» PROBLEM REQUIREMENTS
When you reach the line containing "pub to_recipient : lower log.to ≡ lower to" in the records below, start copying exactly, and stop once you have copied the line containing "pub receipt : TransactionReceipt".

» SUPPLIED RECORDS
▶

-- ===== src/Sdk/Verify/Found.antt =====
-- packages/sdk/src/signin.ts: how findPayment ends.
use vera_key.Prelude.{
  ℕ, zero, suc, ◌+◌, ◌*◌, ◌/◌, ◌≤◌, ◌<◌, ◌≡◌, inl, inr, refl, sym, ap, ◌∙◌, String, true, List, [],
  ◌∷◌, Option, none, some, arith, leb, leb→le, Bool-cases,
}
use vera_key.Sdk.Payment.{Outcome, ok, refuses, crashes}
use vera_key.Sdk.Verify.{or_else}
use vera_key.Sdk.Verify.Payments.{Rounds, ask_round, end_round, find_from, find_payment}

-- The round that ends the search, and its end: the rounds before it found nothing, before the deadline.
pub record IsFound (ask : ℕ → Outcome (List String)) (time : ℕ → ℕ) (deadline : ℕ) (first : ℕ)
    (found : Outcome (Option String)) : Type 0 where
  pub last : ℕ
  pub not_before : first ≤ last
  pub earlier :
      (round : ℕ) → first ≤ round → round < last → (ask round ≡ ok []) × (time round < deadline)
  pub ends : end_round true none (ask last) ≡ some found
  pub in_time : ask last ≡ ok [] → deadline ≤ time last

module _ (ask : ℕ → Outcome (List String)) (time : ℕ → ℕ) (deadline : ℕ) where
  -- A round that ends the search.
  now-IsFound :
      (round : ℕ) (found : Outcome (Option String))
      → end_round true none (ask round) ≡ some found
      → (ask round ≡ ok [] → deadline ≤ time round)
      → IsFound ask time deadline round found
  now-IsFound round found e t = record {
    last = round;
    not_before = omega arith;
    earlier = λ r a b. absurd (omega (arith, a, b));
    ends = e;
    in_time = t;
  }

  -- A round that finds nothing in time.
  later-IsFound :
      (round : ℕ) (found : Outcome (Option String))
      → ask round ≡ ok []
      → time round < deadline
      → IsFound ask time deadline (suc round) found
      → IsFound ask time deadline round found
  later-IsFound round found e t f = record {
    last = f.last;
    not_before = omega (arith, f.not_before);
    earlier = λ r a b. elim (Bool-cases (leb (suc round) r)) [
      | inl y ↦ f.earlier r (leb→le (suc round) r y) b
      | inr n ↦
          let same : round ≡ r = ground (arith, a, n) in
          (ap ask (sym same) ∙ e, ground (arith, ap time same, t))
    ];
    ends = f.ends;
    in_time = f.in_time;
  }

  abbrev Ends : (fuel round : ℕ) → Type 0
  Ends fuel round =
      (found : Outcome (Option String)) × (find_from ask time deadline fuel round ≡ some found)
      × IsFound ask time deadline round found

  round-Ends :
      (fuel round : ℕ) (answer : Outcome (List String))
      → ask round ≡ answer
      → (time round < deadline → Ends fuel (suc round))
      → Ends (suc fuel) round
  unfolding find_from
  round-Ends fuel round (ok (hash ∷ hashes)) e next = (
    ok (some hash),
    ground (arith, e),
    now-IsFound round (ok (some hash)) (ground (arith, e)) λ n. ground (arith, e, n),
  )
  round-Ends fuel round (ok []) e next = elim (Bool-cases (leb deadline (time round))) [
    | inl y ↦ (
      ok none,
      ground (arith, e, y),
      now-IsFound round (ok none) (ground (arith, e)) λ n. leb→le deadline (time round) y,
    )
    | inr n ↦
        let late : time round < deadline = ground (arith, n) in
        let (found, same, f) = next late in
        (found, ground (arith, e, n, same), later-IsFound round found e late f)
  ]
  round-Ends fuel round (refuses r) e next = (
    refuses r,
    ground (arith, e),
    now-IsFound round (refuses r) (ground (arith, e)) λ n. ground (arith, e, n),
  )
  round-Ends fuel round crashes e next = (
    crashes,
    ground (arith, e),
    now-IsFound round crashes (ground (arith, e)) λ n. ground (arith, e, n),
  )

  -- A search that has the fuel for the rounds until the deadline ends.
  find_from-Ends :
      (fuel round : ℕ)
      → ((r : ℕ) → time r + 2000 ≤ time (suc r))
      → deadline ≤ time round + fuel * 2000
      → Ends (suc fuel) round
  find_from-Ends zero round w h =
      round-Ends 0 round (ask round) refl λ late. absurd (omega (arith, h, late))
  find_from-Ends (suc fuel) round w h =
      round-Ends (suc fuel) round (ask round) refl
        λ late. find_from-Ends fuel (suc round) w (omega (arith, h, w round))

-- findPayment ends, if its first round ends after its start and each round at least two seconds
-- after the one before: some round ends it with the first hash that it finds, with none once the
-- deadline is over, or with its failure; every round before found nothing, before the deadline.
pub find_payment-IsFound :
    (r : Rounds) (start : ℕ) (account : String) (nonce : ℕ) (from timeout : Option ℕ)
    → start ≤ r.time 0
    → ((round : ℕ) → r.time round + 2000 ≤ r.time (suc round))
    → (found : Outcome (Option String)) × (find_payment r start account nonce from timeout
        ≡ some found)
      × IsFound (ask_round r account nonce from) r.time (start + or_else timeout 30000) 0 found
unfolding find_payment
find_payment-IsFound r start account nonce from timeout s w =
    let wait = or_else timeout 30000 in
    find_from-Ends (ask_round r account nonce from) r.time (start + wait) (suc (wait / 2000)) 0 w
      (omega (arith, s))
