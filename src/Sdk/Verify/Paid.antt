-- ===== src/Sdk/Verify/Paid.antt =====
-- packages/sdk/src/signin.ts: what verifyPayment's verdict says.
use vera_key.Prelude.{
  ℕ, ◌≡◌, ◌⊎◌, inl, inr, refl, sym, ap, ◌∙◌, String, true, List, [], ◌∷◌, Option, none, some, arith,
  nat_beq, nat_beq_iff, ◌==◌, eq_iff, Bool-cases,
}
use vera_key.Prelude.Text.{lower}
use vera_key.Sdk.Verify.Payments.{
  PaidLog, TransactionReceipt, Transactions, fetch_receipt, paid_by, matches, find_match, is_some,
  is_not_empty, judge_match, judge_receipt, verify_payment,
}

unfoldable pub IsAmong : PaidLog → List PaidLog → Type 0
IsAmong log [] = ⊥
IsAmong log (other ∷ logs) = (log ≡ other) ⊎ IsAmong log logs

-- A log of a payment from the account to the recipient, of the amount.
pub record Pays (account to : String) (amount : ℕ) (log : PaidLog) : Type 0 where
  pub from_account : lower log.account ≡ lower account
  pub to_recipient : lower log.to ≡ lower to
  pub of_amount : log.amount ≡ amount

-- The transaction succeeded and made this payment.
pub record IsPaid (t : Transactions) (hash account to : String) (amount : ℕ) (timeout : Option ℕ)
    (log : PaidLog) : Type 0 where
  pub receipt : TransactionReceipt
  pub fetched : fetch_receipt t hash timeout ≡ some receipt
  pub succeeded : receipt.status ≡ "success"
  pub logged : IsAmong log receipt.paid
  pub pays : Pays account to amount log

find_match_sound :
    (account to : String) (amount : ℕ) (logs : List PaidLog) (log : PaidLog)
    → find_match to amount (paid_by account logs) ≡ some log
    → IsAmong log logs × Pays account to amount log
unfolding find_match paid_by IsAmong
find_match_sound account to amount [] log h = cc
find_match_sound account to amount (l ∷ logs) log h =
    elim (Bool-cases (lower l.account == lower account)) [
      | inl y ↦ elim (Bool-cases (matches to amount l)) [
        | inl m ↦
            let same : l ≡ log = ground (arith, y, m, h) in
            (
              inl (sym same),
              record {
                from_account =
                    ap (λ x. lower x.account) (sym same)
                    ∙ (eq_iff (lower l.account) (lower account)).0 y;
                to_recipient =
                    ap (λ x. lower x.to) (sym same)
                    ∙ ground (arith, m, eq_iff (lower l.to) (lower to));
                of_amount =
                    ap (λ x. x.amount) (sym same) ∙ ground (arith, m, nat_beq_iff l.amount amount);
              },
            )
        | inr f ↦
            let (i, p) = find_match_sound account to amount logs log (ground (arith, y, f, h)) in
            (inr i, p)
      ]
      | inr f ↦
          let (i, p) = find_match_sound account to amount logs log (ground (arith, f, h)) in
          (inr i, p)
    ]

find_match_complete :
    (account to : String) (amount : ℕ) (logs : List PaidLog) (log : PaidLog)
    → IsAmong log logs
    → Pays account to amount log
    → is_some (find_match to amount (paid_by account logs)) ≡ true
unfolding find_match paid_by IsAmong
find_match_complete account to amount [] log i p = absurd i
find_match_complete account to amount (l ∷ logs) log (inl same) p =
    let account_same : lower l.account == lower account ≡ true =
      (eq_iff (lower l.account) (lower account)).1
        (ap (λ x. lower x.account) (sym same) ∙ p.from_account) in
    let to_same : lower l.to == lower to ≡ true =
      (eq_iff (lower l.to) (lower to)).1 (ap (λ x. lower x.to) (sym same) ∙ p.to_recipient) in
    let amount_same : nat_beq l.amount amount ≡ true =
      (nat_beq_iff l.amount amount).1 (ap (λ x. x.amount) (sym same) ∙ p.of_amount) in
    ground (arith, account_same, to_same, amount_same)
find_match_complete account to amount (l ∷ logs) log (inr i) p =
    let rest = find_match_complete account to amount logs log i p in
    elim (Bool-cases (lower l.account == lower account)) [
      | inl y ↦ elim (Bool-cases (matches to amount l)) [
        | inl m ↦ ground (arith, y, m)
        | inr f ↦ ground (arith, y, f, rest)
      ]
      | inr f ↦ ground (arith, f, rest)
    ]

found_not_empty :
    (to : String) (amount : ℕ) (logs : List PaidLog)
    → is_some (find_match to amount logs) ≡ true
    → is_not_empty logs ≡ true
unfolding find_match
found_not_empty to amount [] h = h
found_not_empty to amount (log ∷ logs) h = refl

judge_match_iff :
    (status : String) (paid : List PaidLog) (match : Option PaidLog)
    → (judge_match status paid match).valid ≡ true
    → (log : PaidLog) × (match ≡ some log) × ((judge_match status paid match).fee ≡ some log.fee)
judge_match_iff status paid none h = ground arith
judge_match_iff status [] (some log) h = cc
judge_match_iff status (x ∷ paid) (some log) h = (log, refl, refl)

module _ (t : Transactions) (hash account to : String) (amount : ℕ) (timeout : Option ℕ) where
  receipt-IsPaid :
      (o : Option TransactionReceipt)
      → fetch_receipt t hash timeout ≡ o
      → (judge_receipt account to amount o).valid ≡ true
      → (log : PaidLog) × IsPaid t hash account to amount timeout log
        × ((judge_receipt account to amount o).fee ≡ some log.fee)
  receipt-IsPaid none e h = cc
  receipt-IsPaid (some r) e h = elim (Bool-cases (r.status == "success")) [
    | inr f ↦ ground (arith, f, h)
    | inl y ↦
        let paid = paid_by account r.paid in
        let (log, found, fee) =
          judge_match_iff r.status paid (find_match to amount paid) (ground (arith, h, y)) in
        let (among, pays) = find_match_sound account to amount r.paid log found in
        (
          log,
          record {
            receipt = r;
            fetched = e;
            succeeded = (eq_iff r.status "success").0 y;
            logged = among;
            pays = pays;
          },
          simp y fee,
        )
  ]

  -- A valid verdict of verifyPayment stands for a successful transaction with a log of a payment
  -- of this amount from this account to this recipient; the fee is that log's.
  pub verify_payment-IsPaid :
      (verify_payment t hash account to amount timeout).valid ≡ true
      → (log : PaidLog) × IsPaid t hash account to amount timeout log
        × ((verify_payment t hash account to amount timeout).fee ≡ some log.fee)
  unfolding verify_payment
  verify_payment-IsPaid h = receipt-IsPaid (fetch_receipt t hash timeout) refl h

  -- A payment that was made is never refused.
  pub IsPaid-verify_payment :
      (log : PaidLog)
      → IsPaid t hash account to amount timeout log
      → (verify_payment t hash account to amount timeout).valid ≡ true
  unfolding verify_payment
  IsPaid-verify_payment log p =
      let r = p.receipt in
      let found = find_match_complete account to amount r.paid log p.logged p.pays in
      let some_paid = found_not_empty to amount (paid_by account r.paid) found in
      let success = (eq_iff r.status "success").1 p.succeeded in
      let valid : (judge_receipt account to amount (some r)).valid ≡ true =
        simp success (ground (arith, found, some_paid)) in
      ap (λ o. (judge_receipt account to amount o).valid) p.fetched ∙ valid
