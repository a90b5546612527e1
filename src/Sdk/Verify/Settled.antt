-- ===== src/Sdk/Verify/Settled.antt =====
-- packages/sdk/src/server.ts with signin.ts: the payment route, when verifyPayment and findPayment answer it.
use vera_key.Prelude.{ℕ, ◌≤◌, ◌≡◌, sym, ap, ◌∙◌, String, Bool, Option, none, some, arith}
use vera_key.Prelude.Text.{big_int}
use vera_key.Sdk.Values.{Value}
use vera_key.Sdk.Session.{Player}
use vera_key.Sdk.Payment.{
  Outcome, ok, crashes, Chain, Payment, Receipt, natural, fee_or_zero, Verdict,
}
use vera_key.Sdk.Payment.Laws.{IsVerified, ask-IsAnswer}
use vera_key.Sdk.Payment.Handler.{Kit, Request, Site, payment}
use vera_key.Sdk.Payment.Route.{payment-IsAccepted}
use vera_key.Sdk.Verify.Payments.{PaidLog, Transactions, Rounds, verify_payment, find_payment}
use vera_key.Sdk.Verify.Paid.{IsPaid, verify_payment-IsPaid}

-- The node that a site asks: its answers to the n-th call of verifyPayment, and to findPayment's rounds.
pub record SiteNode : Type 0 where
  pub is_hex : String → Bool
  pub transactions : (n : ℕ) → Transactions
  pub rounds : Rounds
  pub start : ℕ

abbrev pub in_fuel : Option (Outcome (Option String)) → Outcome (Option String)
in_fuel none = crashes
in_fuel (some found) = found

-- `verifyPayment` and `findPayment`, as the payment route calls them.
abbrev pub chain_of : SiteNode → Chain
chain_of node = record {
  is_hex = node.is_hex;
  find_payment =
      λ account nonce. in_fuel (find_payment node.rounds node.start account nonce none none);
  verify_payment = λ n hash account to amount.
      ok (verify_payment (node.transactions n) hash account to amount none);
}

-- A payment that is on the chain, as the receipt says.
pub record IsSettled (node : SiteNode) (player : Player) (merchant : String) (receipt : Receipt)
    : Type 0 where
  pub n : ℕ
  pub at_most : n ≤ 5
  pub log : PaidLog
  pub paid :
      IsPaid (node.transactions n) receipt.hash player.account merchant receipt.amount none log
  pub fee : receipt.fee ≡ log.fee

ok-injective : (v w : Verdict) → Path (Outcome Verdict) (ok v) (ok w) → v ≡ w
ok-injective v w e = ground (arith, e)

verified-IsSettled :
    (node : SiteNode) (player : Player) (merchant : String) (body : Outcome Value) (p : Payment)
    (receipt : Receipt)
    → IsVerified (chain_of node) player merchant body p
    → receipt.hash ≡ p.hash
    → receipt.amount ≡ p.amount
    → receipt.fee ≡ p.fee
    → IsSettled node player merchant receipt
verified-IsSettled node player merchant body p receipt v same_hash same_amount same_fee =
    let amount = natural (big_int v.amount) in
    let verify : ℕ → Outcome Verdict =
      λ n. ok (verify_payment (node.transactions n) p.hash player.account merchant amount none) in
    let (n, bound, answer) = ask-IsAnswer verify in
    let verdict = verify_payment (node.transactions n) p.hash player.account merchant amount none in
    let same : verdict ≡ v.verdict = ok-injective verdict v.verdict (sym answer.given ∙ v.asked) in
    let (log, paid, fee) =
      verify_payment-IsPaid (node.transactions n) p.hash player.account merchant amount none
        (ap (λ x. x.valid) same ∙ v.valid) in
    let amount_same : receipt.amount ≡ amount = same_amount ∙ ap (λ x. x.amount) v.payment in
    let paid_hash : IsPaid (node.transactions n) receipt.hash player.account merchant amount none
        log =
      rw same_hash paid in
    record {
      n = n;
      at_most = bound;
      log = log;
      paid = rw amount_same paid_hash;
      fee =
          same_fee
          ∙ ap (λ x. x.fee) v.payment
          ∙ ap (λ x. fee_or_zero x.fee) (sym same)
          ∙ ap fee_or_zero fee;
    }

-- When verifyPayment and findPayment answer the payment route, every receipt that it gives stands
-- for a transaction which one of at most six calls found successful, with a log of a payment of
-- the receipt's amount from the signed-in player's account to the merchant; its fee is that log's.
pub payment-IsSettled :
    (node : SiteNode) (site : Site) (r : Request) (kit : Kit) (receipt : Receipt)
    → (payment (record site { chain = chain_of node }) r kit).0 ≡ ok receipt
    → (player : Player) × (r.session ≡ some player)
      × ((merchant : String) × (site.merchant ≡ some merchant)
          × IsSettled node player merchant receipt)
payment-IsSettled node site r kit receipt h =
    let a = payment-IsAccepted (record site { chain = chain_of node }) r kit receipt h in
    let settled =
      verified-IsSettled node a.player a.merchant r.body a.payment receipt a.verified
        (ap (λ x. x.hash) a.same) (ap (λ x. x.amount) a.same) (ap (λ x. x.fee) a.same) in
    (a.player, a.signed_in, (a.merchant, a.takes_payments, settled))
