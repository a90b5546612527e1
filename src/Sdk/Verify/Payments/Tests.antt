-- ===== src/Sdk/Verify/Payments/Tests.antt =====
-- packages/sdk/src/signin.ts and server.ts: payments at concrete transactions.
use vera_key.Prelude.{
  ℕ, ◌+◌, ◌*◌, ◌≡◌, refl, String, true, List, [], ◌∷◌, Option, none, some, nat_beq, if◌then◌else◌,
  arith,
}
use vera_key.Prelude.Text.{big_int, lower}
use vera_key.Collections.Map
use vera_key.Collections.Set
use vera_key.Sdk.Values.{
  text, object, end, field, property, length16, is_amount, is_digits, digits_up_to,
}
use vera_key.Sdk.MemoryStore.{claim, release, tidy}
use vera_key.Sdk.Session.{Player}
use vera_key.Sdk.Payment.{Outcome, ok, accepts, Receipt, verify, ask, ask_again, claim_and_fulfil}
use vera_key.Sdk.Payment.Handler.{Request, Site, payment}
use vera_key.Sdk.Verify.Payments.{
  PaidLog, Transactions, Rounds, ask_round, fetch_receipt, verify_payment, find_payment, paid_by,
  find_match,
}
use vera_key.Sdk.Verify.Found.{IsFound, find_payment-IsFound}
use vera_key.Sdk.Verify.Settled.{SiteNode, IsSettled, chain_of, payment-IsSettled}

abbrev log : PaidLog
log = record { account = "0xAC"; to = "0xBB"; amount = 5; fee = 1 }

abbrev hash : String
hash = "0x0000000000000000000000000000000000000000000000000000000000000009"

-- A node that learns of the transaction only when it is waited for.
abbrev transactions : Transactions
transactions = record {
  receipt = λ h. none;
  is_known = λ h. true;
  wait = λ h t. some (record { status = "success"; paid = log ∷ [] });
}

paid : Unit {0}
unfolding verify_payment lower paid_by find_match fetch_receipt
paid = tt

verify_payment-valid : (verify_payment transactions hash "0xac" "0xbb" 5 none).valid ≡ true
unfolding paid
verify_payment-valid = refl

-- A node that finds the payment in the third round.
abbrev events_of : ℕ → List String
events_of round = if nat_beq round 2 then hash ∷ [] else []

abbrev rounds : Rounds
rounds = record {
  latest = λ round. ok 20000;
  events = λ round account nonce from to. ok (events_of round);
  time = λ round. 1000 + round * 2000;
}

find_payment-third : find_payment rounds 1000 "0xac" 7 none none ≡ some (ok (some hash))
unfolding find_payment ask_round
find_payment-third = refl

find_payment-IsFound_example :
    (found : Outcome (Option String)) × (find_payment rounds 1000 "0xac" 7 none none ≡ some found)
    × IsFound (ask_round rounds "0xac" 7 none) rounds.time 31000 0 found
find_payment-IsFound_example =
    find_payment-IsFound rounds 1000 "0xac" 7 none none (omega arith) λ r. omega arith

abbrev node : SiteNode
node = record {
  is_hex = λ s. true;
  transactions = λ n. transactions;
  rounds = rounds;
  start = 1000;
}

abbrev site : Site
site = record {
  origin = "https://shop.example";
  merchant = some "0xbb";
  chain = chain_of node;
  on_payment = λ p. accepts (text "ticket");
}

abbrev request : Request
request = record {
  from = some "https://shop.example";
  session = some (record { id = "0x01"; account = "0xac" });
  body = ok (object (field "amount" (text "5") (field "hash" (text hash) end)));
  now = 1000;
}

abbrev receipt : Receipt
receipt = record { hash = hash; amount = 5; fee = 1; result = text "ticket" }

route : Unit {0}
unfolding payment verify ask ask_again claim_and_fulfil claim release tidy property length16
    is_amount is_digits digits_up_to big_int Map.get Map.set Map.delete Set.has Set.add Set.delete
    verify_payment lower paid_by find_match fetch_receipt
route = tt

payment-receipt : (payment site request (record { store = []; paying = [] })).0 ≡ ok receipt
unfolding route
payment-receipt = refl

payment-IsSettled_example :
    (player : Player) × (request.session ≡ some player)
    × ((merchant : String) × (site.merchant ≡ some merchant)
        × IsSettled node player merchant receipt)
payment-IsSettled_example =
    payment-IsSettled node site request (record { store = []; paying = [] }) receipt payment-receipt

◀

» EXERCISE ANSWER
  pub to_recipient : lower log.to ≡ lower to
  pub of_amount : log.amount ≡ amount

-- The transaction succeeded and made this payment.
pub record IsPaid (t : Transactions) (hash account to : String) (amount : ℕ) (timeout : Option ℕ)
    (log : PaidLog) : Type 0 where
  pub receipt : TransactionReceipt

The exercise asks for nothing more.